ASSIGNMENT: Only one number is wanted here: how many lines of the data hold "replicate".

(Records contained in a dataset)
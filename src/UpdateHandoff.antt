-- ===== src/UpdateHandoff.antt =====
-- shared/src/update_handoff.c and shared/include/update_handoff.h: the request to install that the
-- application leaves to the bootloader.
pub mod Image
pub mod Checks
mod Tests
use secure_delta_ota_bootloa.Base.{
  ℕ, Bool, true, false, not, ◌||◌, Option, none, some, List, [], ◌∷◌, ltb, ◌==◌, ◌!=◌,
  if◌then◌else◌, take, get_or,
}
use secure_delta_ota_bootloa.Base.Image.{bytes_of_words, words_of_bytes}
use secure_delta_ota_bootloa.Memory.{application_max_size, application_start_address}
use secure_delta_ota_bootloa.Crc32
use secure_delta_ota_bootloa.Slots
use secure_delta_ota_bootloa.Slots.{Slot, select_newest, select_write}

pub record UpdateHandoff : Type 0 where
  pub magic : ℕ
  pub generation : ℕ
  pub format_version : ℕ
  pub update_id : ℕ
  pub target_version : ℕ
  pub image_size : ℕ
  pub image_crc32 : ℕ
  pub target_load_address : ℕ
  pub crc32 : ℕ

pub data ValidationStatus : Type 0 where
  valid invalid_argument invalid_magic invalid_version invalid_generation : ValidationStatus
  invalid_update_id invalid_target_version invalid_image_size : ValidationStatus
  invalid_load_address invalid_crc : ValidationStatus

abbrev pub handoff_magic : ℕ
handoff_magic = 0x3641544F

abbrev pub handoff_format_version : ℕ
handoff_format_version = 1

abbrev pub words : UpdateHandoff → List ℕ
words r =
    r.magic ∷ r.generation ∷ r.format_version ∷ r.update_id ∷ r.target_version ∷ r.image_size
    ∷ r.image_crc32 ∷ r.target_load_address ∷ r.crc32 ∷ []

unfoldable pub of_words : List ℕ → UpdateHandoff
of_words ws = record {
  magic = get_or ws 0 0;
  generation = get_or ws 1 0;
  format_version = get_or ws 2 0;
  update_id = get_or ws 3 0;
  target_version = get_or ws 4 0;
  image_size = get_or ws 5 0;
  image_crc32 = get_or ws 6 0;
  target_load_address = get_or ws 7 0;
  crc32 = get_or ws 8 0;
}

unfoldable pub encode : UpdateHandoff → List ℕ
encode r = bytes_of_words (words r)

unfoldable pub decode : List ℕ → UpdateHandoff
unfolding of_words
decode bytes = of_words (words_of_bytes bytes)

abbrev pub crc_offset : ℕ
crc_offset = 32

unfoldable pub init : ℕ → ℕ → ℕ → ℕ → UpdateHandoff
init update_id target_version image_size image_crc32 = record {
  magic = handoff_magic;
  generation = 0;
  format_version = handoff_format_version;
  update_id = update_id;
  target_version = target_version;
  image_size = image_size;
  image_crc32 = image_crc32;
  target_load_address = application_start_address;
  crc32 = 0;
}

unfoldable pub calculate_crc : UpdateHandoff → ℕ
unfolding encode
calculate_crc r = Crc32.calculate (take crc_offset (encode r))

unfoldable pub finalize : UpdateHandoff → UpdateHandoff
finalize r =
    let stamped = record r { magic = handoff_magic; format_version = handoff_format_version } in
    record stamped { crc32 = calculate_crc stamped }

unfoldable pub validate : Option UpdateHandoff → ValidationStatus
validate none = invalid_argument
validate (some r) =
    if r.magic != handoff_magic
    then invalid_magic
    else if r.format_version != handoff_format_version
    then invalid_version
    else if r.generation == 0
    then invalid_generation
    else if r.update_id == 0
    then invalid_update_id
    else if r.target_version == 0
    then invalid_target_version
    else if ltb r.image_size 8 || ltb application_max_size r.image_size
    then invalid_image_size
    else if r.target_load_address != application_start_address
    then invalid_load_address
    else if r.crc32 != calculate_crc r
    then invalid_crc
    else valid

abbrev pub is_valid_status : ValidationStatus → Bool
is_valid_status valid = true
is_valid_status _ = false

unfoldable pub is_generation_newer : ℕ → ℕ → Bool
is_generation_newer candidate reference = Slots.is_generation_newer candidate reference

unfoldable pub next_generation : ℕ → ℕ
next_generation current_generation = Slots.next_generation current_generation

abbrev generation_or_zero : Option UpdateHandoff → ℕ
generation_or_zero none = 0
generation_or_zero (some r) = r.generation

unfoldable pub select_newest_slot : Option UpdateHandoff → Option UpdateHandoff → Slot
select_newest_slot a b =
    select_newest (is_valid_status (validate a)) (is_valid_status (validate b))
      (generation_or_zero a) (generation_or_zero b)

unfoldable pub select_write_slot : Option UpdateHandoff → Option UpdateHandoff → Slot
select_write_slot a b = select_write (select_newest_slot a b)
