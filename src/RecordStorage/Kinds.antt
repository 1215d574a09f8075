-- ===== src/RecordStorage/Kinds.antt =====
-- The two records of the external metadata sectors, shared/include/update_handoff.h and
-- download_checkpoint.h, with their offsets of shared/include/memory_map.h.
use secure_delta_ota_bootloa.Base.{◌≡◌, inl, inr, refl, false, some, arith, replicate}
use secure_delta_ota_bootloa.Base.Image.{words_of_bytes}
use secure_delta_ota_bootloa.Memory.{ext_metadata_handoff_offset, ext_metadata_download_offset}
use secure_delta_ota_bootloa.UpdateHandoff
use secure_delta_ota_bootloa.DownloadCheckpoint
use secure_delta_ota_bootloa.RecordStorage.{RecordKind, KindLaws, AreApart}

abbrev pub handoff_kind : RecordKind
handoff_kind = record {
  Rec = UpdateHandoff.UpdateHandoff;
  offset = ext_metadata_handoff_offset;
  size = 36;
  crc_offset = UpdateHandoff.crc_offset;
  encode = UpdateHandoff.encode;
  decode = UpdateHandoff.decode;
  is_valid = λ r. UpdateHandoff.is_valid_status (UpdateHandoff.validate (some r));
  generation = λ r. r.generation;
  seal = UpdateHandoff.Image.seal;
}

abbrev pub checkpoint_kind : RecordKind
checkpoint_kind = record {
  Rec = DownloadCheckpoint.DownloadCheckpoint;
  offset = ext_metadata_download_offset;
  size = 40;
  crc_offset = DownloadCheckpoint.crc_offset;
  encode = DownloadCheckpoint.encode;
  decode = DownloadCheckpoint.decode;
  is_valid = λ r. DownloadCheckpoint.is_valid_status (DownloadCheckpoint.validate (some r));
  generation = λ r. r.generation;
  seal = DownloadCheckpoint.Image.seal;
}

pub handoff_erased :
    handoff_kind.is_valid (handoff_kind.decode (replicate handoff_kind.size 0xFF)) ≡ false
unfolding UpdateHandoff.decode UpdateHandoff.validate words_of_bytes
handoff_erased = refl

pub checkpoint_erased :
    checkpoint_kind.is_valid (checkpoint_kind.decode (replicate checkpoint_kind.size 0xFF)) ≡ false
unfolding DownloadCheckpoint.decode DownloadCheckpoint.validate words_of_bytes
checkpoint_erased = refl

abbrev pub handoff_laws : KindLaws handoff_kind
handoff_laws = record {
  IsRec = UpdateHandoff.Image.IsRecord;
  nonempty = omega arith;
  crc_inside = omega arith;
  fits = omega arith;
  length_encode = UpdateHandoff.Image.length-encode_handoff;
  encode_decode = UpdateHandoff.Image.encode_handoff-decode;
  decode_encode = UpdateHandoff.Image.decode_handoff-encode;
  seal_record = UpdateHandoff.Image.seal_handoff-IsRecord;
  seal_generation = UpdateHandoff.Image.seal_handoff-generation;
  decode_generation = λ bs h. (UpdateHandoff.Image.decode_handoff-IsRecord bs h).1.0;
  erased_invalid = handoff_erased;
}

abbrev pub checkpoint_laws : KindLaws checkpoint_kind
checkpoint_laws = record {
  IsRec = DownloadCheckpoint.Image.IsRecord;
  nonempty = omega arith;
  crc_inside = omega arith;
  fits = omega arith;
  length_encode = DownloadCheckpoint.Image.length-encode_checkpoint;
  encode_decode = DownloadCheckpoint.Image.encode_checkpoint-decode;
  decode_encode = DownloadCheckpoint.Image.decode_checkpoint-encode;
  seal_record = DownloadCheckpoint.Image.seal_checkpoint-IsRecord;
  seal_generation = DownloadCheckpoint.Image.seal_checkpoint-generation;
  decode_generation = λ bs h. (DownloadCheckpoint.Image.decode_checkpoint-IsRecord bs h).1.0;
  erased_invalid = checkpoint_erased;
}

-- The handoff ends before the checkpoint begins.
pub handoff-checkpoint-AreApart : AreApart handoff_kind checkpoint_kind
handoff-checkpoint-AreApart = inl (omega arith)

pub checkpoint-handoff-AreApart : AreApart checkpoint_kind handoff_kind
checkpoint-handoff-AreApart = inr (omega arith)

RESPONSE AREA: 3